La députée LREM de l'Eure Claire O'Petit.
La députée LREM de l'Eure Claire O'Petit. — NICOLAS MESSYASZ/SIPA

DEGRADATIONS

Eure: La permanence de la députée LREM Claire O'Petit à nouveau vandalisée

La permanence de l’élue de l’Eure à Vernon avait déjà été dégradée à coups de masse en novembre dernier

La permanence de Claire O’Petit, députée LREM de l’Eure, a été une nouvelle fois vandalisée à Vernon ( Eure), a-t-on appris jeudi. Le lieu avait déjà été pris pour cible il y a cinq mois.

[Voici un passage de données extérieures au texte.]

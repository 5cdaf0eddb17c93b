-- ===== src/Channel/Ahead.antt =====
-- The reorder window of a channel: which slots hold a packet kept ahead, against the set of all
-- packets that were accepted.
use dubuframework.Base.{
  ℕ, zero, suc, ◌+◌, ◌-◌, ◌%◌, ◌≤◌, ◌<◌, ◌≡◌, ◌≢◌, refl, sym, ap, ◌∙◌, inl, inr, Bool, true, false,
  some, List, [], ◌∷◌, ◌++◌, append-nil, append_assoc, arith, Bool-cases, update, update_ne, u32,
  succ32,
}
use native.Mathlib.Decide.{dec_lt}
use dubuframework.Packet.{Packet}
use dubuframework.PacketState.{window_count}
use dubuframework.Host.{Host, IsLog}
use dubuframework.Channel.{CachePacket, CacheAlreadyPacket, Receiving, run_kept, run_ahead}

-- Messages `k + 1` to `k + m`, in order.
abbrev pub messages : (ℕ → Packet) → ℕ → ℕ → List Packet
messages msg k zero = []
messages msg k (suc m) = msg (k + 1) ∷ messages msg (k + 1) m

-- What the slot for message `n` holds, `d` places ahead: nothing, and `n` is not yet received, or
-- the packet of message `n`, from the place `lo` on and not past `w`.
abbrev pub SlotHolds : (ℕ → Packet) → Bool → ℕ → ℕ → ℕ → ℕ → CachePacket → Type 0
SlotHolds msg received lo w d n c = elim c.is_keep [
  | true ↦
      (received ≡ true) × (lo ≤ d) × (d ≤ w) × (c.sequence_no ≡ u32 n) × (c.buffer ≡ some (msg n))
  | false ↦ (1 ≤ d) → received ≡ false
]

-- All messages up to `k` are received, `got` tells those that are, and the highest one is
-- `k + w`.
pub record IsWindow (msg : ℕ → Packet) (got : ℕ → Bool) (lo k w : ℕ) (cap : CacheAlreadyPacket)
    : Type 0 where
  pub recv_at : cap.rps.recv_repeat_seq ≡ u32 k
  pub last_at : cap.rps.last_repeat_seq ≡ u32 (k + w)
  pub within : w < window_count
  pub slots :
      (d : ℕ)
      → d < window_count
      → SlotHolds msg (got (k + d)) lo w d (k + d) (cap.cache_packets ((k + d) % window_count))
  pub done : (n : ℕ) → n ≤ k → got n ≡ true
  pub beyond : (n : ℕ) → k + window_count ≤ n → got n ≡ false

-- One place nearer.
SlotHolds-nearer :
    (msg : ℕ → Packet) (b : Bool) (w d n : ℕ) (c : CachePacket)
    → 1 ≤ d
    → SlotHolds msg b 1 w (d + 1) n c
    → SlotHolds msg b 1 (w - 1) d n c
SlotHolds-nearer msg b w d n c le s = ground arith

module _ (msg : ℕ → Packet) (got : ℕ → Bool) {k w : ℕ} {cap : CacheAlreadyPacket} where
  pub kept_one :
      IsWindow msg got 1 k w cap
      → let c = cap.cache_packets ((k + 1) % window_count) in
        c.is_keep ≡ true
        → (got (k + 1) ≡ true)
          × (1 ≤ w)
          × (c.sequence_no ≡ u32 (k + 1))
          × (c.buffer ≡ some (msg (k + 1)))
  kept_one v e = ground (arith, v.slots 1 (omega arith), e)

  -- The slots after message `k + 1` is taken out.
  slots_nearer :
      IsWindow msg got 1 k w cap
      → (c : CachePacket) → c.is_keep ≡ false
      → (d : ℕ) → d < window_count
      → SlotHolds msg
          (got (k + 1 + d))
          1
          (w - 1)
          d
          (k + 1 + d)
          (update cap.cache_packets ((k + 1) % window_count) c ((k + 1 + d) % window_count))
  slots_nearer v c off zero lt = ground arith
  slots_nearer v c off (suc d) lt = elim (dec_lt (suc d) 63) [
    | yes p ↦
        let e : k + (suc d + 1) ≡ k + 1 + suc d = omega arith in
        rw
          (update_ne cap.cache_packets ((k + 1) % window_count) c ((k + 1 + suc d) % window_count)
            (omega arith))
          (SlotHolds-nearer msg (got (k + 1 + suc d)) w (suc d) (k + 1 + suc d)
            (cap.cache_packets ((k + 1 + suc d) % window_count)) (omega arith)
            (rw e at (v.slots (suc d + 1) (omega arith))))
    | no p ↦
        let e : (k + 1 + suc d) % window_count ≡ (k + 0) % window_count = omega arith in
        rw
          (
            update_ne cap.cache_packets ((k + 1) % window_count) c ((k + 1 + suc d) % window_count)
                (omega arith),
            e,
          )
          (ground (arith, v.slots 0 (omega arith), v.beyond (k + 1 + suc d)))
  ]

  -- With a gap at message `k + 1`, every kept packet is further ahead.
  pub gap_at_one :
      IsWindow msg got 1 k w cap
      → (cap.cache_packets ((k + 1) % window_count)).is_keep ≡ false
      → IsWindow msg got 2 k w cap
  gap_at_one v off = record {
    recv_at = v.recv_at;
    last_at = v.last_at;
    within = v.within;
    slots = λ d lt. ground (arith, v.slots d lt);
    done = v.done;
    beyond = v.beyond;
  }

module _ {S : Type 0} (h : Host S) (msg : ℕ → Packet) (got : ℕ → Bool) where
  pub run_kept-IsWindow :
      {k w : ℕ} (r : Receiving S)
      → IsWindow msg got 1 k w r.cap
      → (r.cap.cache_packets ((k + 1) % window_count)).is_keep ≡ true
      → IsWindow msg got 1 (k + 1) (w - 1) (run_kept h ((k + 1) % window_count) r).cap
  unfolding run_kept
  run_kept-IsWindow {k} {w} r v e = record {
    recv_at = omega (arith, v.recv_at);
    last_at = ground (arith, v.last_at, kept_one msg got v e);
    within = omega (arith, v.within);
    slots = slots_nearer msg got v _ refl;
    done = λ n le. ground (arith, v.done n, kept_one msg got v e);
    beyond = λ n le. v.beyond n (omega arith);
  }

  abbrev slot_of : ℕ → Receiving S → CachePacket
  slot_of n r = r.cap.cache_packets (n % window_count)

  run_ahead_end :
      (fuel idx : ℕ) (r : Receiving S)
      → idx ≡ r.cap.rps.last_repeat_seq
      → run_ahead h (suc fuel) idx r ≡ r
  unfolding run_ahead
  run_ahead_end fuel idx r e = ground arith

  pub run_ahead_gap :
      (fuel idx : ℕ) (r : Receiving S)
      → (slot_of (succ32 idx) r).is_keep ≡ false
      → run_ahead h (suc fuel) idx r ≡ r
  unfolding run_ahead
  run_ahead_gap fuel idx r e = ground arith

  run_ahead_next :
      (fuel idx : ℕ) (r : Receiving S)
      → idx ≢ r.cap.rps.last_repeat_seq
      → (slot_of (succ32 idx) r).is_keep ≡ true
      → (slot_of (succ32 idx) r).sequence_no ≡ succ32 idx
      → run_ahead h (suc fuel) idx r
        ≡ run_ahead h fuel (succ32 idx) (run_kept h (succ32 idx % window_count) r)
  unfolding run_ahead
  run_ahead_next fuel idx r ne on eq = ground arith

  slot_index : (k : ℕ) → succ32 (u32 k) % window_count ≡ (k + 1) % window_count
  slot_index k = omega arith

  -- One round of the loop in a window, by whether message `k + 1` is kept.
  pub run_ahead_off :
      (fuel : ℕ) {k w : ℕ} (r : Receiving S)
      → IsWindow msg got 1 k w r.cap
      → (r.cap.cache_packets ((k + 1) % window_count)).is_keep ≡ false
      → run_ahead h (suc fuel) (u32 k) r ≡ r
  run_ahead_off fuel {k} r v off =
      run_ahead_gap fuel (u32 k) r (ap (λ n. (r.cap.cache_packets n).is_keep) (slot_index k) ∙ off)

  pub run_ahead_on :
      (fuel : ℕ) {k w : ℕ} (r : Receiving S)
      → IsWindow msg got 1 k w r.cap
      → (r.cap.cache_packets ((k + 1) % window_count)).is_keep ≡ true
      → run_ahead h (suc fuel) (u32 k) r
        ≡ run_ahead h fuel (u32 (k + 1)) (run_kept h ((k + 1) % window_count) r)
  run_ahead_on fuel {k} r v on =
      let one = kept_one msg got v on in
      let num : succ32 (u32 k) ≡ u32 (k + 1) = omega arith in
      rw (
        run_ahead_next fuel (u32 k) r (omega (arith, v.last_at, v.within, one.1))
            (ap (λ n. (r.cap.cache_packets n).is_keep) (slot_index k) ∙ on)
            (ap (λ n. (r.cap.cache_packets n).sequence_no) (slot_index k) ∙ (one.2 ∙ sym num)),
        slot_index k,
        num,
      )

  -- The loop ends by itself within the window: it has parsed the next `m` messages, and then
  -- there is a gap.
  pub record Ran (seen : S → List Packet) (k w : ℕ) (r r' : Receiving S) : Type 0 where
    pub m : ℕ
    pub window : IsWindow msg got 2 (k + m) (w - m) r'.cap
    pub log : seen r'.host ≡ seen r.host ++ messages msg k m

  module _ (seen : S → List Packet) (laws : IsLog h seen) where
    Ran-stop :
        {k w : ℕ} (r : Receiving S)
        → IsWindow msg got 1 k w r.cap
        → (r.cap.cache_packets ((k + 1) % window_count)).is_keep ≡ false
        → Ran seen k w r r
    Ran-stop {k} {w} r v off = record {
      m = 0;
      window =
          let e : k + 0 ≡ k = omega arith in
          let e' : w - 0 ≡ w = omega arith in rw (e, e') (gap_at_one msg got v off);
      log = sym (append-nil (seen r.host));
    }

    host-run_kept :
        (i : ℕ) (p : Packet) (r : Receiving S)
        → (r.cap.cache_packets i).buffer ≡ some p
        → (run_kept h i r).host ≡ h.packet_parse p r.host
    unfolding run_kept
    host-run_kept i p r e = ground arith

    Ran-next :
        {k w : ℕ} (r r' : Receiving S)
        → IsWindow msg got 1 k w r.cap
        → (r.cap.cache_packets ((k + 1) % window_count)).is_keep ≡ true
        → Ran seen (k + 1) (w - 1) (run_kept h ((k + 1) % window_count) r) r'
        → Ran seen k w r r'
    Ran-next {k} {w} r r' v on ran = record {
      m = suc ran.m;
      window =
          let e : k + 1 + ran.m ≡ k + suc ran.m = omega arith in
          let e' : w - 1 - ran.m ≡ w - suc ran.m = omega arith in rw (← e, ← e') ran.window;
      log = rw (
        ran.log,
        host-run_kept ((k + 1) % window_count) (msg (k + 1)) r (kept_one msg got v on).3,
        laws.seen-parse,
        append_assoc,
      );
    }

    pub run_ahead-Ran :
        (fuel : ℕ) {k w : ℕ} (r : Receiving S)
        → w < fuel
        → IsWindow msg got 1 k w r.cap
        → Ran seen k w r (run_ahead h fuel (u32 k) r)
    run_ahead-Ran zero r lt v = absurd (omega arith)
    run_ahead-Ran (suc fuel) {k} {w} r lt v =
        elim (Bool-cases (r.cap.cache_packets ((k + 1) % window_count)).is_keep) [
          | inr off ↦ rw (run_ahead_off fuel r v off) (Ran-stop r v off)
          | inl on ↦ rw (run_ahead_on fuel r v on) (
              Ran-next r _ v on (
                run_ahead-Ran fuel (run_kept h ((k + 1) % window_count) r)
                  (omega (arith, (kept_one msg got v on).1)) (run_kept-IsWindow r v on)))
        ]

« Les faits ont eu lieu entre hier en fin de soirée et aujourd’hui au petit matin. Trois impacts, liés à des jets de pierres, ont été relevés sur les vitres de la permanence. L’une d’entre elles est sortie de son logement et s’est enfoncée vers l’intérieur où une pierre a également été découverte », a expliqué le commandant Joël Bachelet, chef du commissariat de Vernon, indiquant qu'« une enquête a été ouverte pour dégradation volontaire ».

« Je suis écœurée, mais ils ne me feront pas taire »

« On a le droit de ne pas être d’accord avec moi, mais pas de se livrer à de tels actes », a déclaré à l’AFP Claire O’Petit annonçant qu’elle allait porter plainte. « Je suis écœurée, mais ils ne me feront pas taire », a-t-elle ajouté. L’élue de l’Eure a aussi expliqué que son véhicule avait été abîmé alors qu’il était garé sur une aire d’autoroute.

« Toute violence, même matérielle, notamment exercée sur des lieux symboliques, est une agression contre la République qui nous unit », a par ailleurs réagi Virginie Sené-Rouquier, sous-préfète des Andelys dans un courrier adressé à la députée.

La permanence déjà ciblée en novembre

Selon Claire O’Petit, les dégâts sont « plus importants » que la première fois. En novembre, le lieu avait en effet déjà été pris pour cible, à coups de masse cette fois-là. « Il n’y a pas eu d’interpellation en lien avec ces premières dégradations », a souligné le commandant Joël Bachelet.

Le 19 octobre dernier, par communiqué de presse, la parlementaire avait aussi expliqué avoir porté plainte après avoir reçu « des menaces de mort », la visant elle, mais aussi « des élus des partis LREM, UDI et LR ».